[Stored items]
•••••
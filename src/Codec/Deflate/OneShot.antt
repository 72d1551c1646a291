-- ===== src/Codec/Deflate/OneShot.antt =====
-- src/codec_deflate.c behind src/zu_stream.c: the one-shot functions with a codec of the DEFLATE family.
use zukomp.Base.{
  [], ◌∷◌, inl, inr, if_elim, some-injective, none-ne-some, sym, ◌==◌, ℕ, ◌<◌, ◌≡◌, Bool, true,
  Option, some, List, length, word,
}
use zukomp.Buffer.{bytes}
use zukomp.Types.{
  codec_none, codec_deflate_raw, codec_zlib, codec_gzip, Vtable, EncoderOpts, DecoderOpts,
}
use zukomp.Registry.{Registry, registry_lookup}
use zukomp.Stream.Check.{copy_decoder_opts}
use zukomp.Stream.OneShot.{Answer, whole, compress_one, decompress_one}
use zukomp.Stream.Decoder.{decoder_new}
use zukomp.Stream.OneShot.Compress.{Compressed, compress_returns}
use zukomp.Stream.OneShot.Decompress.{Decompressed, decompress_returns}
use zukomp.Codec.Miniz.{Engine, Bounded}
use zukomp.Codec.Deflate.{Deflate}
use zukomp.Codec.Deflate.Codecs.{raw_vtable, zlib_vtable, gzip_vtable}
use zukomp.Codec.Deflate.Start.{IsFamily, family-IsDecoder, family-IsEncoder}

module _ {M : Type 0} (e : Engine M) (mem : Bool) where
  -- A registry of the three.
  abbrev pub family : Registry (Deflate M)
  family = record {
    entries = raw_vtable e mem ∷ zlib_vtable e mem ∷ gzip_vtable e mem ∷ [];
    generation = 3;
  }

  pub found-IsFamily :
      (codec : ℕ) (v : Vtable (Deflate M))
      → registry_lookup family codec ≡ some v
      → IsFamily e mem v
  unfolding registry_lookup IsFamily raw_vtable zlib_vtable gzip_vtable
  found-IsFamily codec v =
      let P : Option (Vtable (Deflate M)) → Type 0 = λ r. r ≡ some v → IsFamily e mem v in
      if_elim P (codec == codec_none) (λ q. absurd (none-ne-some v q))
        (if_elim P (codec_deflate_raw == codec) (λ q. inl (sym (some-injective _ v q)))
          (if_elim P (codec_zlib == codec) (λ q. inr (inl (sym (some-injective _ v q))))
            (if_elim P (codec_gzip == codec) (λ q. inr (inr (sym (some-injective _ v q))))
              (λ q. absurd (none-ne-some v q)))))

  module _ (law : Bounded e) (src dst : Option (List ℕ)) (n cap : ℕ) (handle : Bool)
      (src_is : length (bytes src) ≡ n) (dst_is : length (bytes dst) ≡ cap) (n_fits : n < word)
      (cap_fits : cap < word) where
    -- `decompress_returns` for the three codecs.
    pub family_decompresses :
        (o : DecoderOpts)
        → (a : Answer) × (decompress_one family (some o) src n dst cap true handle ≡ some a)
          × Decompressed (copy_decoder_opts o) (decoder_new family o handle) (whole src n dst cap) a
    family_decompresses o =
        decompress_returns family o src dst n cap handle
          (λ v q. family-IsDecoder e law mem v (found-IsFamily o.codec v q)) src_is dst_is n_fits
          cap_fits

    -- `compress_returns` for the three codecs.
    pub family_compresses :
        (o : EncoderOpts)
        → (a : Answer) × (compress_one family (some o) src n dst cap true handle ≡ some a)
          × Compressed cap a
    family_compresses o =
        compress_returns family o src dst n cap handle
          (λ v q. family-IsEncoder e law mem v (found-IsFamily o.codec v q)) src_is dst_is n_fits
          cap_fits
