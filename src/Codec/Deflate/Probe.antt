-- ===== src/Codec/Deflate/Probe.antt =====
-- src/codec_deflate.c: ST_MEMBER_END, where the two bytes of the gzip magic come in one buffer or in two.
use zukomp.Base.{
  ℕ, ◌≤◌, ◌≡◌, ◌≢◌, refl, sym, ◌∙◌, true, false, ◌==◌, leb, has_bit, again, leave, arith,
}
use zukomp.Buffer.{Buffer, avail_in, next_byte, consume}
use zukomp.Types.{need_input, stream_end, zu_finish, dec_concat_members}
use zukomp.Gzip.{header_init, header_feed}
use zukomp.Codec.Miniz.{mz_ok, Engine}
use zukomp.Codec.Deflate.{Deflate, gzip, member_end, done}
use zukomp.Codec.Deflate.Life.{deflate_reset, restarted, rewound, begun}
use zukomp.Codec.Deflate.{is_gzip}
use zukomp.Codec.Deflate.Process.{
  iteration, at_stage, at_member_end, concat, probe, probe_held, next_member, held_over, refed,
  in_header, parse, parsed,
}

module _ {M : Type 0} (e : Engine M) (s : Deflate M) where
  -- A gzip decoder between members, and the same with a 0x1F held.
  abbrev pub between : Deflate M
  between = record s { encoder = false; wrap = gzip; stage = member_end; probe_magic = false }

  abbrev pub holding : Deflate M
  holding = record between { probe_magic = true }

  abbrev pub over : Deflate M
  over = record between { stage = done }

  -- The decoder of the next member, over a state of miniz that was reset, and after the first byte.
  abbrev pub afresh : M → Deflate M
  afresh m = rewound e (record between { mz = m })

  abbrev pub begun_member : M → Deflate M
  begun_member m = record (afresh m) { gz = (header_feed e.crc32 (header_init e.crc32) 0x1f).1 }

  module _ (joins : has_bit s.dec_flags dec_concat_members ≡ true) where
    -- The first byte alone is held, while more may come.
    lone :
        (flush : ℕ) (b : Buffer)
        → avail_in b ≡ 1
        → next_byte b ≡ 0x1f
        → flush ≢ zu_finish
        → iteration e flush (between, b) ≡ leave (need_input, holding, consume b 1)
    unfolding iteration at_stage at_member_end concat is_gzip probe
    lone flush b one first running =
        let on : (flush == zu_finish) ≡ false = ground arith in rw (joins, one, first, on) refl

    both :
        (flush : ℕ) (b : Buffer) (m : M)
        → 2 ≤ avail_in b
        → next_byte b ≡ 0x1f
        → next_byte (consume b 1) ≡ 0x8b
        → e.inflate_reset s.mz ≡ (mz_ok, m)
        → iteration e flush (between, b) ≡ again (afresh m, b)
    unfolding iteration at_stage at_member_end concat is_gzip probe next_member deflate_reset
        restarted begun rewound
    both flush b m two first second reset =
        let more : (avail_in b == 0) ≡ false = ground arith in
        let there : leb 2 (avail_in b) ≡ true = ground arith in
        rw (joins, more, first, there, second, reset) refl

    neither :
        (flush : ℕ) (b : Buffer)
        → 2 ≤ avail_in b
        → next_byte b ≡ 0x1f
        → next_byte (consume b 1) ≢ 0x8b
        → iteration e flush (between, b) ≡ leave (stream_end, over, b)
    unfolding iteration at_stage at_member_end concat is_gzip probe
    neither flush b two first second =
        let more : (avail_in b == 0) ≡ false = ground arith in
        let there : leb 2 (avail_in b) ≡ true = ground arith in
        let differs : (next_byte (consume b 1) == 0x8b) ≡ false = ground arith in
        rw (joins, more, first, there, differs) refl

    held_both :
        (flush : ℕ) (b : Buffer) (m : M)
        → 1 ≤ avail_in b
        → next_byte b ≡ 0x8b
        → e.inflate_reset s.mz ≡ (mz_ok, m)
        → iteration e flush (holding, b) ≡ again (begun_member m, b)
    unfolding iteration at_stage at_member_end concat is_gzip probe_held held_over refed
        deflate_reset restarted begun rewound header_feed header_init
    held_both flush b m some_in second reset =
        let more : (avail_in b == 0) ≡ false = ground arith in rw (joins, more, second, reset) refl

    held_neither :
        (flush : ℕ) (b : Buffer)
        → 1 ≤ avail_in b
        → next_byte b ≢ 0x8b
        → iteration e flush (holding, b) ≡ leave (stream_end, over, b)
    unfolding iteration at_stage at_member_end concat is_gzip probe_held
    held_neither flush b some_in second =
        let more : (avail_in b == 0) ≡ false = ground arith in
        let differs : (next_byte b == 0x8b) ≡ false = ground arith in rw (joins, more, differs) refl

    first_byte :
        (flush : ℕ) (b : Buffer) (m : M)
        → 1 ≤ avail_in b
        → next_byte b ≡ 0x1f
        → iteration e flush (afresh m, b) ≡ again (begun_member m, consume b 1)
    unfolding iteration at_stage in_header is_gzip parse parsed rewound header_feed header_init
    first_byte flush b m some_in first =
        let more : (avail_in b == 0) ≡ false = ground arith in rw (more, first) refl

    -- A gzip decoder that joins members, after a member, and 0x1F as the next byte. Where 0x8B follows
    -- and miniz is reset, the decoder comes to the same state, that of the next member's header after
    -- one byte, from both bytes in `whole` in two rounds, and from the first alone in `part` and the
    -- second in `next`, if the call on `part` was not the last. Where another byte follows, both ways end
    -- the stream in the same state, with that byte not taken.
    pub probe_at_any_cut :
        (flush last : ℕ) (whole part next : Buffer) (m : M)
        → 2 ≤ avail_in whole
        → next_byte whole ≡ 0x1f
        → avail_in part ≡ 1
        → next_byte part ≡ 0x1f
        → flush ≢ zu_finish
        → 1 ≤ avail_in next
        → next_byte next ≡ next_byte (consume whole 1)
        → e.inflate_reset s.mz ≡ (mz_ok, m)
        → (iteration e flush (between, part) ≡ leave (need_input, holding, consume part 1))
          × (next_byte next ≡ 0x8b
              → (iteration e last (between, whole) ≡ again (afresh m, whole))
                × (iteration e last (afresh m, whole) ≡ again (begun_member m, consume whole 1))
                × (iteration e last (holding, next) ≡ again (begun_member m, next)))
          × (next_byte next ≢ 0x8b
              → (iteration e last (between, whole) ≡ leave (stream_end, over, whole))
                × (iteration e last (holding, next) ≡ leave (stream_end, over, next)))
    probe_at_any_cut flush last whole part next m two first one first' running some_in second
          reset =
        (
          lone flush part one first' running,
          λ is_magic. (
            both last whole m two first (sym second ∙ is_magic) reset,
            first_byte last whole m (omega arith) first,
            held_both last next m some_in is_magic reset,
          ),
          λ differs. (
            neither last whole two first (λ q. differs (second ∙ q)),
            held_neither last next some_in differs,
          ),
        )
•••••
**WORK REQUEST:** Please give an exact copy of the lines above, beginning with the line containing "found-IsFamily codec v" and running through the line containing "(o : EncoderOpts)", and of no other lines.

**FINISHED EXERCISE:**
  found-IsFamily codec v =
      let P : Option (Vtable (Deflate M)) → Type 0 = λ r. r ≡ some v → IsFamily e mem v in
      if_elim P (codec == codec_none) (λ q. absurd (none-ne-some v q))
        (if_elim P (codec_deflate_raw == codec) (λ q. inl (sym (some-injective _ v q)))
          (if_elim P (codec_zlib == codec) (λ q. inr (inl (sym (some-injective _ v q))))
            (if_elim P (codec_gzip == codec) (λ q. inr (inr (sym (some-injective _ v q))))
              (λ q. absurd (none-ne-some v q)))))

  module _ (law : Bounded e) (src dst : Option (List ℕ)) (n cap : ℕ) (handle : Bool)
      (src_is : length (bytes src) ≡ n) (dst_is : length (bytes dst) ≡ cap) (n_fits : n < word)
      (cap_fits : cap < word) where
    -- `decompress_returns` for the three codecs.
    pub family_decompresses :
        (o : DecoderOpts)
        → (a : Answer) × (decompress_one family (some o) src n dst cap true handle ≡ some a)
          × Decompressed (copy_decoder_opts o) (decoder_new family o handle) (whole src n dst cap) a
    family_decompresses o =
        decompress_returns family o src dst n cap handle
          (λ v q. family-IsDecoder e law mem v (found-IsFamily o.codec v q)) src_is dst_is n_fits
          cap_fits

    -- `compress_returns` for the three codecs.
    pub family_compresses :
        (o : EncoderOpts)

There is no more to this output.